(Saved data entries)

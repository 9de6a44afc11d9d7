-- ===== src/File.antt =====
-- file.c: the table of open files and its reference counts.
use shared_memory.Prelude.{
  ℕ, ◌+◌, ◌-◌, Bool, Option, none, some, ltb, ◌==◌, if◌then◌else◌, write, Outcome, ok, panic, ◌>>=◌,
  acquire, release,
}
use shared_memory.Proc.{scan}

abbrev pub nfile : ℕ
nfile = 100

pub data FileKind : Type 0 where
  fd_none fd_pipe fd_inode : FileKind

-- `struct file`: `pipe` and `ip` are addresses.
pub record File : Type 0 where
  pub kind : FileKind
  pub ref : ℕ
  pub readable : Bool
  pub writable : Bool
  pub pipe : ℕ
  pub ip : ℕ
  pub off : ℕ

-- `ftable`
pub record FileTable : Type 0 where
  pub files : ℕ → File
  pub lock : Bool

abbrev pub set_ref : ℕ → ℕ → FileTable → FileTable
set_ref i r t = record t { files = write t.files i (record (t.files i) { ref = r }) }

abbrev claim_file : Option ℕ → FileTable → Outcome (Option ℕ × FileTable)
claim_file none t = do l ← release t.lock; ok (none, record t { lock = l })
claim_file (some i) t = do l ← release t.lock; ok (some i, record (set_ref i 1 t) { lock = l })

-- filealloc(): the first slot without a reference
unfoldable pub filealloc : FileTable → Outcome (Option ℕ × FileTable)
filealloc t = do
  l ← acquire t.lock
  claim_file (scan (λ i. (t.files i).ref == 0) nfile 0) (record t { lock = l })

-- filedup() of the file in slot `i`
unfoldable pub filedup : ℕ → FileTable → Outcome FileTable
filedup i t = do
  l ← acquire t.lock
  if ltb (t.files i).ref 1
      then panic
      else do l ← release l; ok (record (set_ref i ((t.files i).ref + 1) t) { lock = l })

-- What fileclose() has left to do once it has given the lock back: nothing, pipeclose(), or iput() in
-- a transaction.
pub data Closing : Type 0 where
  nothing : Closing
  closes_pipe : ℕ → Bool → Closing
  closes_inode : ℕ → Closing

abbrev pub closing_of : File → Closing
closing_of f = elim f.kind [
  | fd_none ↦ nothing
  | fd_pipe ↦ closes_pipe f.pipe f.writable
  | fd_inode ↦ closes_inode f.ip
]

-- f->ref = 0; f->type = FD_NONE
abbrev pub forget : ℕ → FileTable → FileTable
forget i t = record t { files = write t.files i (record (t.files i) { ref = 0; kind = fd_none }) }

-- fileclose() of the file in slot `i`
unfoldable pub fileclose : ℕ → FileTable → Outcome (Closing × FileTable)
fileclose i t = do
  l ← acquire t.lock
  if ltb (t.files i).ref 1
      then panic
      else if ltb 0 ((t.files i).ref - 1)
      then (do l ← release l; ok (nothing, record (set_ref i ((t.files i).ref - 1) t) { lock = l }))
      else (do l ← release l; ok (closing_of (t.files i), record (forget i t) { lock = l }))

==

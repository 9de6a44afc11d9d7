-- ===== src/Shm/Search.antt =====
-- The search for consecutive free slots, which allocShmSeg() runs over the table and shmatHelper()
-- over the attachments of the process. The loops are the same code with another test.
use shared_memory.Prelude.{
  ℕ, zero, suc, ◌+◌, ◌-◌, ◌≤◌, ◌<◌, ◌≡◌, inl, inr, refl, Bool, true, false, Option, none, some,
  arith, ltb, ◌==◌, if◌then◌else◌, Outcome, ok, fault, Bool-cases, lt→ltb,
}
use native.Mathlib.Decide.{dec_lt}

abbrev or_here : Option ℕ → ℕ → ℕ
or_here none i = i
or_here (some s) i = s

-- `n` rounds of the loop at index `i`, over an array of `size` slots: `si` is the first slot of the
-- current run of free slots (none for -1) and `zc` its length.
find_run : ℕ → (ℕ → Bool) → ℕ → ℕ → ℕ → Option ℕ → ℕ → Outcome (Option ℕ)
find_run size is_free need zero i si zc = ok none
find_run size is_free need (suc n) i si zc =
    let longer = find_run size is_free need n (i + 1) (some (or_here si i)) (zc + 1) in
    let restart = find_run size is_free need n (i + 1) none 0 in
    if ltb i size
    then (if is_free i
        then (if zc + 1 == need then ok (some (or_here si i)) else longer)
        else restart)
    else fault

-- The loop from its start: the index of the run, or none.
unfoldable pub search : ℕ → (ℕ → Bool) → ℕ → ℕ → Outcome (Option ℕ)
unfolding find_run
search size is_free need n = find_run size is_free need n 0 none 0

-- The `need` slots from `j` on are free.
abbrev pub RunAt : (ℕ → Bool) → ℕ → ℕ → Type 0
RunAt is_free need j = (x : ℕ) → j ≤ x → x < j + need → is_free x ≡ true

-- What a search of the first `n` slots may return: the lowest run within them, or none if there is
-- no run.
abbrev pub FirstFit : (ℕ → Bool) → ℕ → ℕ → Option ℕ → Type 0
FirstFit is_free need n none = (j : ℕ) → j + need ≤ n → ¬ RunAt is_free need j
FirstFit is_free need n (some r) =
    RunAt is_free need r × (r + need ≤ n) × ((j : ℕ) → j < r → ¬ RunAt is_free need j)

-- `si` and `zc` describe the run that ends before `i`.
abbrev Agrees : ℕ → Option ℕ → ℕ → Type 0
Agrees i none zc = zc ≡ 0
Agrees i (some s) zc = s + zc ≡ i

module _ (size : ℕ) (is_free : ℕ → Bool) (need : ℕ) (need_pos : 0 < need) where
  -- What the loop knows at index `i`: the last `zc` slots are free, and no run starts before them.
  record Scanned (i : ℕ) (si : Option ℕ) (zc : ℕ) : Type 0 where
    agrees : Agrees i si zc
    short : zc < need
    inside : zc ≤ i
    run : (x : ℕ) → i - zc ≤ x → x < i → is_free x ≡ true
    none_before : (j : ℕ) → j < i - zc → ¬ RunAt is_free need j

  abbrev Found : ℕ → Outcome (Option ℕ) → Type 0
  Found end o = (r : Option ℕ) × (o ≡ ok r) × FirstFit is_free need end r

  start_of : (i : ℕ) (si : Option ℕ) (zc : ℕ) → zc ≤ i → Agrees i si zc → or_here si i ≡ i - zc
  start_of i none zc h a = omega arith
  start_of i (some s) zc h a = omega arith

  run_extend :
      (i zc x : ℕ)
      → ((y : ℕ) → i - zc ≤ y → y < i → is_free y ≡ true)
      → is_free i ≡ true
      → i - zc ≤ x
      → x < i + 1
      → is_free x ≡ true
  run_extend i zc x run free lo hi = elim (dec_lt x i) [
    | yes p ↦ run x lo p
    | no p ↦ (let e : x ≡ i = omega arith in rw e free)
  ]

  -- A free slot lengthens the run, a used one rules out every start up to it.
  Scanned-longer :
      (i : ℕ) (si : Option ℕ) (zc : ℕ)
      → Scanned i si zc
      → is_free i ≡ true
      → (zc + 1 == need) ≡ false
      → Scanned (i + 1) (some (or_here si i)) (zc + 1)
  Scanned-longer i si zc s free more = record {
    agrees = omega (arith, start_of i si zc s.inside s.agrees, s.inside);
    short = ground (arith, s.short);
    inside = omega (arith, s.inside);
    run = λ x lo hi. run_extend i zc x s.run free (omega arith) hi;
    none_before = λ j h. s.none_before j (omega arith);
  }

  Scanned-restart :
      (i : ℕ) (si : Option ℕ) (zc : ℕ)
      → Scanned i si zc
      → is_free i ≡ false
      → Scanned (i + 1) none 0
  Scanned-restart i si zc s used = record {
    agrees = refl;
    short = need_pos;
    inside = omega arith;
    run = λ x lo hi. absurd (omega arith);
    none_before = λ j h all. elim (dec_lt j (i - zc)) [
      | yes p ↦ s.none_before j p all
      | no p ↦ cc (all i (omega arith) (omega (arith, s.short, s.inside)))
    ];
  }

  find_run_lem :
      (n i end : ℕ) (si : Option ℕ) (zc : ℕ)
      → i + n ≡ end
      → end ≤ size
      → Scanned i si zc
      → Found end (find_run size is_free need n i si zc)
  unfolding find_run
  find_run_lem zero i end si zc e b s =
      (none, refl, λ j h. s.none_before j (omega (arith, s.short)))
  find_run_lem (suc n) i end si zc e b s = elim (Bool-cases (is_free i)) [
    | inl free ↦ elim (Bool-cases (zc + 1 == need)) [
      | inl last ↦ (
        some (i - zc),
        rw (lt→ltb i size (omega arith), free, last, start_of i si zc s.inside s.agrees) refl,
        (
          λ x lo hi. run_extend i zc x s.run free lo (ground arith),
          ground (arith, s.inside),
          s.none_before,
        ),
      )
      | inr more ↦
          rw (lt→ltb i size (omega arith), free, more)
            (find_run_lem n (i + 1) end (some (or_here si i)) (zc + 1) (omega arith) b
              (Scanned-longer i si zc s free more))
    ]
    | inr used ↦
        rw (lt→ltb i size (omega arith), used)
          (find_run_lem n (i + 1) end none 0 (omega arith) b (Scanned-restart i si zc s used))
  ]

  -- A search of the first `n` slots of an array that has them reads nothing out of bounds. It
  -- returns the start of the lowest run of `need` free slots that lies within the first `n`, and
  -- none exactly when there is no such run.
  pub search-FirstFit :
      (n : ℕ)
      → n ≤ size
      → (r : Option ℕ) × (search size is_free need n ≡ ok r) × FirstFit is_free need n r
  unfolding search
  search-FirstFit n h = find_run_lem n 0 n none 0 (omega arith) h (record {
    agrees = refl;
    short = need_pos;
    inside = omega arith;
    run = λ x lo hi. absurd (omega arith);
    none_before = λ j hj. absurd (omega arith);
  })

DIRECTIONS: Scan the entries above for the string "write" and copy each line that contains it.

SOLUTION FOR THIS EXERCISE:
  ℕ, ◌+◌, ◌-◌, Bool, Option, none, some, ltb, ◌==◌, if◌then◌else◌, write, Outcome, ok, panic, ◌>>=◌,
set_ref i r t = record t { files = write t.files i (record (t.files i) { ref = r }) }
forget i t = record t { files = write t.files i (record (t.files i) { ref = 0; kind = fd_none }) }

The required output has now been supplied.